• **EXERCISE REQUIREMENTS**
Reproduce exactly the lines below from the one containing "then done (set_links" through the one containing "unfolding insert_by_head", including both, and nothing else.

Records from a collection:
-- ===== src/Kernel/Scheduler/Blocked.antt =====
-- The blocked list of source/kernel/scheduler/scheduler.c, sorted by wake-up time.
pub mod Insert
pub mod Walk
pub mod Valid
use rpitos.Prelude.{ℕ, zero, suc, Option, none, some, leb, if◌then◌else◌}
use rpitos.Status.{Status, e_ok, e_invalid_args, Run, done, spin, ◌>>=◌}
use rpitos.Kernel.Links.{
  in_list, Links, state_item, set_item, set_next, set_prev, set_head, set_list_end, set_num_items,
  inc16, unlink,
}
use rpitos.Kernel.State.{max_cores, Kernel, blocked_task_list, set_links, set_tcb}

-- The walk of scheduler_add_to_blocked_list. The list has no more items than `fuel`.
unfoldable pub walk : ℕ → ℕ → ℕ → Kernel → Option ℕ
walk zero iter wakeup k = none
walk (suc fuel) iter wakeup k = elim ((k.links.item iter).next) [
  | none ↦ some iter
  | some n ↦
      if leb (k.tcb (k.links.item n).owner).wakeup_time wakeup
      then walk fuel n wakeup k
      else some iter
]

-- The three places at which scheduler_add_to_blocked_list links an item in: into an empty list,
-- before the head, and behind `iter`.
unfoldable pub insert_only : ℕ → ℕ → Links → Links
insert_only i l m = set_list_end l (some i) (set_head l (some i) m)

unfoldable pub insert_first : ℕ → ℕ → ℕ → Links → Links
insert_first i l head m = set_head l (some i) (set_prev head (some i) (set_next i (some head) m))

unfoldable pub insert_behind : ℕ → ℕ → ℕ → Links → Links
insert_behind i l iter m =
    let m1 = set_prev i (some iter) (set_next i (m.item iter).next m) in
    let m2 : Links = elim ((m1.item iter).next) [
      | none ↦ set_list_end l (some i) m1
      | some n ↦ set_prev n (some i) m1
    ] in
    set_next iter (some i) m2

abbrev pub count_item : ℕ → Links → Links
count_item l m = set_num_items l (inc16 (m.list l).num_items) m

-- The task's wake-up time, and its item before it is linked in.
abbrev pub prepare_blocked : ℕ → ℕ → Kernel → Kernel
prepare_blocked t wakeup k =
    set_links
      (set_item (state_item t)
        (record {
          next = none;
          prev = none;
          owner = t;
          container = some (blocked_task_list (k.tcb t).core_id);
        })
        k.links)
      (set_tcb t (record (k.tcb t) { wakeup_time = wakeup }) k)

-- Behind the item that the walk stops at. A walk that goes on for ever does not return.
unfoldable pub insert_at : ℕ → ℕ → Kernel → Option ℕ → Run Kernel
unfolding insert_behind
insert_at t l k none = spin
insert_at t l k (some iter) =
    done (set_links (count_item l (insert_behind (state_item t) l iter k.links)) k)

-- The three cases, by the head of the list.
unfoldable pub insert_by_head : ℕ → ℕ → ℕ → Kernel → Option ℕ → Run Kernel
unfolding walk insert_only insert_first insert_at
insert_by_head t wakeup l k none =
    done (set_links (count_item l (insert_only (state_item t) l k.links)) k)
insert_by_head t wakeup l k (some h) =
    if leb wakeup (k.tcb (k.links.item h).owner).wakeup_time
    then done (set_links (count_item l (insert_first (state_item t) l h k.links)) k)
    else insert_at t l k (walk (k.links.list l).num_items h wakeup k)

unfoldable pub insert_blocked : ℕ → ℕ → ℕ → Kernel → Run Kernel
unfolding insert_by_head
insert_blocked t wakeup l k = insert_by_head t wakeup l k (k.links.list l).head

unfoldable pub add_to_blocked_list : Option ℕ → ℕ → Kernel → Run (Status × Kernel)
unfolding insert_blocked
add_to_blocked_list none wakeup k = done (e_invalid_args, k)
add_to_blocked_list (some t) wakeup k =
    if leb max_cores (k.tcb t).core_id
    then done (e_invalid_args, k)
    else insert_blocked t wakeup (blocked_task_list (k.tcb t).core_id) (prepare_blocked t wakeup k)
      >>= λ k1. done (e_ok, k1)

unfoldable pub remove_from_blocked_list : Option ℕ → Kernel → Status × Kernel
remove_from_blocked_list none k = (e_invalid_args, k)
remove_from_blocked_list (some t) k =
    let i = state_item t in
    let l = blocked_task_list (k.tcb t).core_id in
    if leb max_cores (k.tcb t).core_id
    then (e_invalid_args, k)
    else if in_list (k.links.item i).container l
    then (e_ok, set_links (unlink i l k.links) k)
    else (e_ok, k)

• **TASK RESPONSE**
    then done (set_links (count_item l (insert_first (state_item t) l h k.links)) k)
    else insert_at t l k (walk (k.links.list l).num_items h wakeup k)

unfoldable pub insert_blocked : ℕ → ℕ → ℕ → Kernel → Run Kernel
unfolding insert_by_head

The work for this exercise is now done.